Vincent de Paul (Pouy, Landes, avril 1581? - Paris, 27 septembre 1660). Prêtre francais, fondateur de la Congrégation de la Mission et, avec Louise de Marillac, de la Compagnie des Filles de la Charité. Il est canonisé en 1737 par le pape Clément XII et, en 1885, le pape Léon XIII le déclare patron universel des œuvres de Charité.

Vincent de Paul (ou Depaul) nait en 1580 ou 1581, au village de Pouy (qui s'apelle, depuis 1828, Saint-Vincent-de-Paul), situé à peu près à cinq kilomètres au nord-est de Dax. Il est le troisième de six enfants, quatre garçons et deux filles, d'une famille de paysans des Landes, pauvres sans être misérables. L'enfant, intelligent, poussé aux études par son père, est remarqué par un notable de Dax qui lui propose de l'orienter vers la prêtrise. En 1596, il reçoit la tonsure, puis il part pour Toulouse étudier la Théologie. Il est ordonné prêtre par l'évêque de Perigaux, François de Bourdeilles, le 23 septembre 1600 à Château-l'Evêque.

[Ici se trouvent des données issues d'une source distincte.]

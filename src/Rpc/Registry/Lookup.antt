-- ===== src/Rpc/Registry/Lookup.antt =====
-- What `method` finds after AddMethod (rupicolarpc/rupicolarpc.go).
use rupicola_go.Base.{
  Bytes, Option, none, some, ◌≡◌, arith, ap, sym, ◌∙◌, ◌==◌, bytes_eq, if◌then◌else◌,
}
use mathlib.Core.Option.{some-injective}
use rupicola_go.Base.Dict.{insert, lookup-insert}
use rupicola_go.Rpc.Value.{MethodType}
use rupicola_go.Rpc.Registry.{
  Request, Returned, MethodDef, Limits, Processor, at, put_at, container, compatible, add_method,
  old_to_new, find_method, ByType,
}

module _ {U : Type 0} where
  -- The search among the definitions of one name.
  abbrev pub resolve : MethodType → ByType (MethodDef U) → Option (MethodDef U)
  resolve metype ms = elim (at metype ms) [ some m ↦ some m | none ↦ compatible metype ms ]

  find_method-insert :
      (name j : Bytes) (t : MethodType) (ms : ByType (MethodDef U)) (p : Processor U)
      → find_method j t (record p { methods = insert name ms p.methods })
        ≡ (if name == j then resolve t ms else find_method j t p)
  unfolding find_method
  find_method-insert name j t ms p = ground (arith, lookup-insert name j ms p.methods)

  -- The definition that AddMethod makes: the limits are a copy of those of the type.
  abbrev pub defined : (Request U → Returned) → Limits → MethodDef U
  defined action limits = record { invoker = old_to_new action; limits = limits }

  added :
      (name : Bytes) (metype : MethodType) (action : Request U → Returned) (p : Processor U)
      {limits : Limits}
      → at metype p.limits ≡ some limits
      → add_method name metype action p
        ≡ some (record p {
          methods =
              insert name (put_at metype (defined action limits) (container name p)) p.methods;
        })
  unfolding add_method
  added name metype action p h = ground arith

  -- After AddMethod the name has the new definition under its type and, if the type is the legacy
  -- streaming one, under the streaming type too unless that has one of its own; no other name and
  -- no other type has changed. The type has limits.
  pub find_method-add_method :
      (name : Bytes) (metype : MethodType) (action : Request U → Returned) (p q : Processor U)
      (j : Bytes) (t : MethodType) {limits : Limits}
      → at metype p.limits ≡ some limits
      → add_method name metype action p ≡ some q
      → find_method j t q ≡ (
          if name == j
          then resolve t (put_at metype (defined action limits) (container name p))
          else find_method j t p)
  find_method-add_method name metype action p q j t {limits} h run =
      let ms = put_at metype (defined action limits) (container name p) in
      ap (find_method j t) (
        some-injective q (record p { methods = insert name ms p.methods })
          (sym run ∙ added name metype action p h))
      ∙ find_method-insert name j t ms p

En 1608, il monte à Paris. Il se fait un ami du secrétaire de l'ancienne reine, Marguerite de Valois ; celle-ci le nomme "aumônier" chargé de distribuer ses libéralités. Il visite alors les pauvres malades de l'Hôpital de la Charité.

Vers 1610, il rencontre Pierre de Bérulle, qui fondera, l'année suivante, l'Oratoire de France. Vincent le prend comme conseiller spirituel. Il se familiarise avec le mouvement de spiritualité qu'on appelera plus tard "l'Ecole Française". Il rencontre François de Sales.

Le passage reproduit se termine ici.